Nothing should appear in the answer except the lines from the one containing "unfolding parse_s3_url has_prefix" through the end of the listing, repeated exactly.
***** Records for the task *****
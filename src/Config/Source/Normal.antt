-- ===== src/Config/Source/Normal.antt =====
-- The bucket and the prefix that `ParseS3URL` gives, and what it makes of their description.
use remote_s3_bucket_plugin.Table.{Text, has_prefix}
use remote_s3_bucket_plugin.Objects.{trim_slash}
use remote_s3_bucket_plugin.Config.Source.Trim.{
  first_is, last_is, trim_left-first, trim_right-first, trim_right-last, trim_left-fixed,
  trim_right-fixed, cut_any-before, cut_any-none, cut_any-append, is_edge, ends_in_space,
  ends_in_space-cons, trim_space-edge,
}
use remote_s3_bucket_plugin.Config.Source.{
  SourceError, source, refused, is_space, trim_left, is_empty, trim_right, trim_space, is_slash,
  trim_slashes, contains, contains_any, cut_any, separates, is_slash_or_space, scheme, with_slash,
  parse_bucket, parse_s3_url, describe,
}
use remote_s3_bucket_plugin.Prelude.{
  ℕ, ◌≡◌, refl, sym, ap, subst, ◌∙◌, ◌⊎◌, inl, inr, true, false, [], ◌∷◌, ◌++◌, Bool-cases, drop,
}

-- A name that is not empty and has no slash at its ends.
pub record IsBare (t : Text) : Type 0 where
  pub named : is_empty t ≡ false
  pub starts : first_is is_slash t ≡ false
  pub stops : last_is is_slash t ≡ false

-- A bucket without separators and spaces, and no prefix or one that ends in its only outer slash.
pub record IsNormal (bucket prefix : Text) : Type 0 where
  pub named : is_empty bucket ≡ false
  pub whole : contains_any separates bucket ≡ false
  pub plain : contains_any is_slash_or_space bucket ≡ false
  pub shape : (prefix ≡ []) ⊎ ((t : Text) × (prefix ≡ t ++ 47 ∷ []) × IsBare t)

-- The prefix with its slash, or nothing.
with_slash-shape :
    (s : Text)
    → (with_slash (trim_slashes s) ≡ [])
      ⊎ ((t : Text) × (with_slash (trim_slashes s) ≡ t ++ 47 ∷ []) × IsBare t)
unfolding with_slash trim_slashes
with_slash-shape s =
    let t = trim_right is_slash (trim_left is_slash s) in
    elim (Bool-cases (is_empty t)) [
      | inl nothing ↦ inl (rw nothing refl)
      | inr named ↦ inr (
        t,
        rw named refl,
        record {
          named = named;
          starts = trim_right-first is_slash (trim_left is_slash s) (trim_left-first is_slash s);
          stops = trim_right-last is_slash (trim_left is_slash s);
        },
      )
    ]

no_source : {err : SourceError} {b p : Text} {A : Type 0} → refused err ≡ source b p → A
no_source h = let bad : ⊥ = cc in absurd bad

subst2 : (P : Text → Text → Type 0) {a b c d : Text} → a ≡ b → c ≡ d → P a c → P b d
subst2 P {a} {b} {c} {d} e e' x = subst (λ t. P b t) e' (subst (λ t. P t c) e x)

parse_bucket-IsNormal :
    (raw bucket prefix : Text) → parse_bucket raw ≡ source bucket prefix → IsNormal bucket prefix
unfolding parse_bucket
parse_bucket-IsNormal raw bucket prefix h =
    let (b, p) = cut_any separates raw in
    elim (Bool-cases (is_empty b)) [
      | inl nothing ↦ no_source (rw (nothing) at h)
      | inr named ↦ elim (Bool-cases (contains_any is_slash_or_space b)) [
        | inl bad ↦ no_source (rw (named, bad) at h)
        | inr plain ↦
            let found : source b (with_slash (trim_slashes p)) ≡ source bucket prefix =
              rw (named, plain) at h in
            let same : b ≡ bucket = cc in
            let same' : with_slash (trim_slashes p) ≡ prefix = cc in
            subst2 IsNormal same same' (record {
              named = named;
              whole = cut_any-before separates raw;
              plain = plain;
              shape = with_slash-shape p;
            })
      ]
    ]

parse_s3_url-IsNormal :
    (s bucket prefix : Text) → parse_s3_url s ≡ source bucket prefix → IsNormal bucket prefix
unfolding parse_s3_url
parse_s3_url-IsNormal s bucket prefix h =
    let raw = trim_space s in
    elim (Bool-cases (is_empty raw)) [
      | inl nothing ↦ no_source (rw nothing at h)
      | inr some_text ↦ elim (Bool-cases (has_prefix raw scheme)) [
        | inl url ↦ elim (Bool-cases (is_empty (drop 5 raw))) [
          | inl nothing ↦ no_source (rw (some_text, url, nothing) at h)
          | inr more ↦
              parse_bucket-IsNormal (drop 5 raw) bucket prefix (rw (some_text, url, more) at h)
        ]
        | inr plain ↦ elim (Bool-cases (contains raw (58 ∷ 47 ∷ 47 ∷ []))) [
          | inl bad ↦ no_source (rw (some_text, plain, bad) at h)
          | inr fine ↦ parse_bucket-IsNormal raw bucket prefix (rw (some_text, plain, fine) at h)
        ]
      ]
    ]

trim_slash-append : (t : Text) → trim_slash (t ++ 47 ∷ []) ≡ t
unfolding trim_slash
trim_slash-append [] = refl
trim_slash-append (x ∷ []) = refl
trim_slash-append (x ∷ y ∷ t) = ap (λ r. x ∷ r) (trim_slash-append (y ∷ t))

is_empty-append : (t : Text) (x : ℕ) → is_empty (t ++ x ∷ []) ≡ false
is_empty-append [] x = refl
is_empty-append (y ∷ t) x = refl

describe-slash : (bucket t : Text) → describe bucket (t ++ 47 ∷ []) ≡ bucket ++ 47 ∷ t
unfolding describe
describe-slash bucket t =
    rw (is_empty-append t 47) (ap (λ r. bucket ++ 47 ∷ r) (trim_slash-append t))

trim_slashes-IsBare : (t : Text) → IsBare t → trim_slashes t ≡ t
unfolding trim_slashes
trim_slashes-IsBare t bare =
    ap (trim_right is_slash) (trim_left-fixed is_slash t bare.starts)
    ∙ trim_right-fixed is_slash t bare.stops

with_slash-IsBare : (t : Text) → IsBare t → with_slash t ≡ t ++ 47 ∷ []
unfolding with_slash
with_slash-IsBare t bare = rw bare.named refl

parse_bucket-slash :
    (bucket prefix t : Text)
    → IsNormal bucket prefix
    → IsBare t
    → parse_bucket (bucket ++ 47 ∷ t) ≡ source bucket (t ++ 47 ∷ [])
unfolding parse_bucket
parse_bucket-slash bucket prefix t n bare =
    rw (cut_any-append separates bucket 47 t n.whole refl, n.named, n.plain)
      (ap (source bucket) (ap with_slash (trim_slashes-IsBare t bare) ∙ with_slash-IsBare t bare))

describe-IsNormal :
    (bucket prefix : Text)
    → IsNormal bucket prefix
    → parse_bucket (describe bucket prefix) ≡ source bucket prefix
unfolding describe parse_bucket trim_slashes with_slash
describe-IsNormal bucket prefix n = elim n.shape [
  | inl nothing ↦ rw nothing (rw (cut_any-none separates bucket n.whole, n.named, n.plain) refl)
  | inr (t, is, bare) ↦
      ap (λ p. parse_bucket (describe bucket p)) is
      ∙ ap parse_bucket (describe-slash bucket t)
      ∙ parse_bucket-slash bucket prefix t n bare
      ∙ ap (source bucket) (sym is)
]

describe-named :
    (bucket prefix : Text) → is_empty bucket ≡ false → is_empty (describe bucket prefix) ≡ false
unfolding describe
describe-named [] prefix h = let bad : true ≡ false = h in cc
describe-named (x ∷ bucket) prefix h = elim (Bool-cases (is_empty prefix)) [
  | inl nothing ↦ rw nothing refl
  | inr more ↦ rw more refl
]

-- `s3://` and a description without a space at its end.
scheme-trimmed :
    (x : ℕ) (d : Text)
    → ends_in_space (x ∷ d) ≡ false
    → trim_space (scheme ++ x ∷ d) ≡ scheme ++ x ∷ d
unfolding is_edge is_space first_is
scheme-trimmed x d tight = trim_space-edge (scheme ++ x ∷ d) refl (
    ends_in_space-cons 115 _ refl
    ∙ ends_in_space-cons 51 _ refl
    ∙ ends_in_space-cons 58 _ refl
    ∙ ends_in_space-cons 47 _ refl
    ∙ ends_in_space-cons 47 _ refl
    ∙ tight)

parse-scheme :
    (d : Text)
    → is_empty d ≡ false
    → ends_in_space d ≡ false
    → parse_s3_url (scheme ++ d) ≡ parse_bucket d
unfolding parse_s3_url has_prefix
parse-scheme [] named tight = let bad : true ≡ false = named in cc
parse-scheme (x ∷ d) named tight = rw (scheme-trimmed x d tight) refl

-- A bucket and a prefix that `ParseS3URL` gives are well-formed, and what `Describe` makes of them,
-- with `s3://` before it and if it does not end in a whitespace character of Unicode, is read as the same bucket and prefix.
pub parse_s3_url-describe :
    (s bucket prefix : Text)
    → parse_s3_url s ≡ source bucket prefix
    → ends_in_space (describe bucket prefix) ≡ false
    → IsNormal bucket prefix
      × (parse_s3_url (scheme ++ describe bucket prefix) ≡ source bucket prefix)
parse_s3_url-describe s bucket prefix h tight =
    let n = parse_s3_url-IsNormal s bucket prefix h in
    (
      n,
      parse-scheme (describe bucket prefix) (describe-named bucket prefix n.named) tight
          ∙ describe-IsNormal bucket prefix n,
    )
*****
_Output for this exercise_:
unfolding parse_s3_url has_prefix
parse-scheme [] named tight = let bad : true ≡ false = named in cc
parse-scheme (x ∷ d) named tight = rw (scheme-trimmed x d tight) refl

-- A bucket and a prefix that `ParseS3URL` gives are well-formed, and what `Describe` makes of them,
-- with `s3://` before it and if it does not end in a whitespace character of Unicode, is read as the same bucket and prefix.
pub parse_s3_url-describe :
    (s bucket prefix : Text)
    → parse_s3_url s ≡ source bucket prefix
    → ends_in_space (describe bucket prefix) ≡ false
    → IsNormal bucket prefix
      × (parse_s3_url (scheme ++ describe bucket prefix) ≡ source bucket prefix)
parse_s3_url-describe s bucket prefix h tight =
    let n = parse_s3_url-IsNormal s bucket prefix h in
    (
      n,
      parse-scheme (describe bucket prefix) (describe-named bucket prefix n.named) tight
          ∙ describe-IsNormal bucket prefix n,
    )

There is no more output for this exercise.